🤖 AI Summary
This work addresses the challenge of hallucination detection in large language models (LLMs). We propose an unsupervised uncertainty quantification method based on the effective rank of hidden states, leveraging spectral analysis of multi-layer, multi-output internal representations. The method jointly models intra-response and inter-response uncertainty—without requiring external knowledge, auxiliary modules, or model fine-tuning. Its core innovation lies in exploiting the intrinsic low-rank structure of LLM intermediate representations to enable mechanistically grounded and interpretable hallucination identification. Extensive experiments across diverse LLMs, tasks (e.g., question answering, fact verification), and benchmarks (e.g., TruthfulQA, HALO) demonstrate strong hallucination detection performance and robust generalization.

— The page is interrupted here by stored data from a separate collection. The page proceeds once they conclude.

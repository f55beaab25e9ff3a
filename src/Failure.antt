-- ===== src/Failure.antt =====
-- Thrown errors as values. Each constructor is one `throw` of the generators, with the parts of its
-- message that vary.
use mathlib.Core.Path.{◌≡◌, refl}
use socket_scan_patterns.Prelude.{ℕ, Bool, true, false, if◌then◌else◌, List, ◌⊎◌, inl, inr}
use socket_scan_patterns.Text.{Text}

pub data Failure : Type 0 where
  -- emit-table.mts
  zero_rows : Text → Text → Failure
  duplicate_ids : Text → List Text → ℕ → Failure
  source_file_missing : Text → Failure
  no_rules_array : Text → Failure
  -- read-json.mts
  json_not_object : Text → Failure
  -- import-*.mts: where, saw, wanted at least
  too_few_rules : Text → ℕ → ℕ → Failure
  unmapped_severity : Text → Failure
  -- upstream-slice.mts
  conformance_only : Text → Failure
  unknown_upstream : Text → Failure
  not_pinned : Text → Failure
  not_materialized : Text → Failure
  slice_file_missing : Text → Text → Failure
  -- divergence.mts
  no_reason : Text → Text → Failure
  -- import-skillspector.mts
  zero_patterns : Text → Failure
  -- import-skillspector/language.mts
  missing_extensions : Text → Failure
  no_literal_patterns : Text → Failure
  no_literal_rules : Text → Failure
  no_language_rules : Failure
  unsupported_expression : Failure
  -- port-zizmor-audits.mts
  no_audits_object : Failure
  unknown_status : Text → Failure
  untriaged_audits : List Text → Failure
  stale_audits : List Text → Failure
  declined_without_reason : Text → Failure
  -- npm/scan/receipt.mts
  no_unique_source : Failure
  prepared_source_mismatch : Failure
  no_release_receipt : Failure
  unreserved_source : Failure
  receipt_identity : Failure
  receipt_malformed : Failure
  -- npm/scan/staged.mts
  missing_input : Text → Failure
  not_positive : Text → Text → Failure
  scan_identity : Failure
  source_checkout_mismatch : Text → Text → Failure
  package_mismatch : Text → Text → Failure
  tarball_unavailable : Text → Failure
  tarball_mismatch : Text → Text → Failure
  scan_refused : Text → Failure
  -- thrown by what the code calls
  thrown_outside : Text → Failure
  -- load-table.mts
  malformed_table : Text → Failure
  schema_mismatch : Text → ℕ → Failure

-- A call that returns a value or throws.
pub data Result {ℓ} (V : Type ℓ) : Type ℓ where
  err : Failure → Result V
  ok : V → Result V

infixl 5 ◌>>=◌ ◌>>◌
abbrev pub ◌>>=◌ {ℓ κ} : {V : Type ℓ} {W : Type κ} → Result V → (V → Result W) → Result W
err thrown >>= next = err thrown
ok value >>= next = next value

abbrev pub ◌>>◌ {κ} : {W : Type κ} → Result (Unit {0}) → Result W → Result W
check >> next = check >>= λ _. next

pub ok_injective {ℓ} : {V : Type ℓ} {v w : V} → ok v ≡ ok w → v ≡ w
ok_injective h = cc

module _ {ℓ κ} {V : Type ℓ} {W : Type κ} (next : V → Result W) where
  bind_ok : (m : Result V) {w : W} → (m >>= next) ≡ ok w → (v : V) × (m ≡ ok v) × (next v ≡ ok w)
  bind_ok (err thrown) h = cc
  bind_ok (ok v) h = (v, refl, h)

  bind_err :
      (m : Result V) {thrown : Failure}
      → (m >>= next) ≡ err thrown
      → (m ≡ err thrown) ⊎ ((v : V) × (m ≡ ok v) × (next v ≡ err thrown))
  bind_err (err first) h = inl (cc)
  bind_err (ok v) h = inr (v, refl, h)

-- a sequence returns only if both parts do
pub bind-eq-ok {ℓ κ} :
    {V : Type ℓ} {W : Type κ} (m : Result V) (next : V → Result W) {w : W}
    → (m >>= next) ≡ ok w
    → (v : V) × (m ≡ ok v) × (next v ≡ ok w)
bind-eq-ok m next h = bind_ok next m h

pub bind-eq-err {ℓ κ} :
    {V : Type ℓ} {W : Type κ} (m : Result V) (next : V → Result W) {thrown : Failure}
    → (m >>= next) ≡ err thrown
    → (m ≡ err thrown) ⊎ ((v : V) × (m ≡ ok v) × (next v ≡ err thrown))
bind-eq-err m next h = bind_err next m h

pub Result-cases {ℓ} :
    {V : Type ℓ} (m : Result V) → ((v : V) × (m ≡ ok v)) ⊎ ((thrown : Failure) × (m ≡ err thrown))
Result-cases (err thrown) = inr (thrown, refl)
Result-cases (ok v) = inl (v, refl)

-- a guard that did not throw
pub passed :
    (failure : Failure) (c : Bool) → (if c then ok (tt {0}) else err failure) ≡ ok tt → c ≡ true
passed failure true h = refl
passed failure false h = cc
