-- ===== src/Schema.antt =====
-- src/types.mts: detector rules, provenance and tables. `undefined` members are `none`.
use socket_scan_patterns.Prelude.{ℕ, List, [], ◌∷◌, Option}
use socket_scan_patterns.Text.{Text, codes}

-- `ScannerName`
pub data ScannerName : Type 0 where
  agent_configs manifests secrets skills workflows : ScannerName

-- the string that each member of the union is
abbrev pub scanner_text : ScannerName → Text
scanner_text agent_configs = codes "agentConfigs"
scanner_text manifests = codes "manifests"
scanner_text secrets = codes "secrets"
scanner_text skills = codes "skills"
scanner_text workflows = codes "workflows"

-- `PatternSeverity`
pub data PatternSeverity : Type 0 where
  critical high info low medium : PatternSeverity

-- `PatternKind`
pub data PatternKind : Type 0 where
  audit capability path regex : PatternKind

-- `PatternDialect`
pub data PatternDialect : Type 0 where
  js re2 : PatternDialect

-- What stands as a license: a text on record, or a member that every object inherits, by its name.
-- The source declares a string; looked up under a name like `constructor`, it gets such a member.
pub data License : Type 0 where
  spdx : Text → License
  inherited : Text → License

-- `PatternProvenance`
pub record PatternProvenance : Type 0 where
  pub license : License
  pub rule_id : Text
  pub source : Text
  pub source_file : Text

-- A number that a generator reads with `Number(...)`: the decimal digits of its literal, before and
-- after the point. The generators never calculate with it.
pub record Decimal : Type 0 where
  pub whole : Text
  pub fraction : Text

-- `PatternRule`
pub record PatternRule : Type 0 where
  pub category : Text
  pub description : Text
  pub entropy : Option Decimal
  pub id : Text
  pub keywords : List Text
  pub dialect : PatternDialect
  pub kind : PatternKind
  pub regex_flags : Text
  pub path_regex_source : Option Text
  pub provenance : PatternProvenance
  pub regex_source : Option Text
  pub severity : PatternSeverity
  pub title : Text

-- `PatternTable`
pub record PatternTable : Type 0 where
  pub sources : List Text
  pub rules : List PatternRule
  pub scanner : ScannerName
  pub schema_version : ℕ

-- `PATTERN_TABLE_SCHEMA_VERSION`
abbrev pub pattern_table_schema_version : ℕ
pattern_table_schema_version = 1

-- `PATTERN_SEVERITY_ORDER`
abbrev pub pattern_severity_order : List PatternSeverity
pattern_severity_order = critical ∷ high ∷ medium ∷ low ∷ info ∷ []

Our approach significantly enhances the reliability and theoretical interpretability of LLM truthfulness assessment, offering a principled, architecture-agnostic framework for uncertainty-aware LLM evaluation.
📝 Abstract
Detecting hallucinations in large language models (LLMs) remains a fundamental challenge for their trustworthy deployment. Going beyond basic uncertainty-driven hallucination detection frameworks, we propose a simple yet powerful method that quantifies uncertainty by measuring the effective rank of hidden states derived from multiple model outputs and different layers. Grounded in the spectral analysis of representations, our approach provides interpretable insights into the model's internal reasoning process through semantic variations, while requiring no extra knowledge or additional modules, thus offering a combination of theoretical elegance and practical efficiency. Meanwhile, we theoretically demonstrate the necessity of quantifying uncertainty both internally (representations of a single response) and externally (different responses), providing a justification for using representations among different layers and responses from LLMs to detect hallucinations. Extensive experiments demonstrate that our method effectively detects hallucinations and generalizes robustly across various scenarios, contributing to a new paradigm of hallucination detection for LLM truthfulness.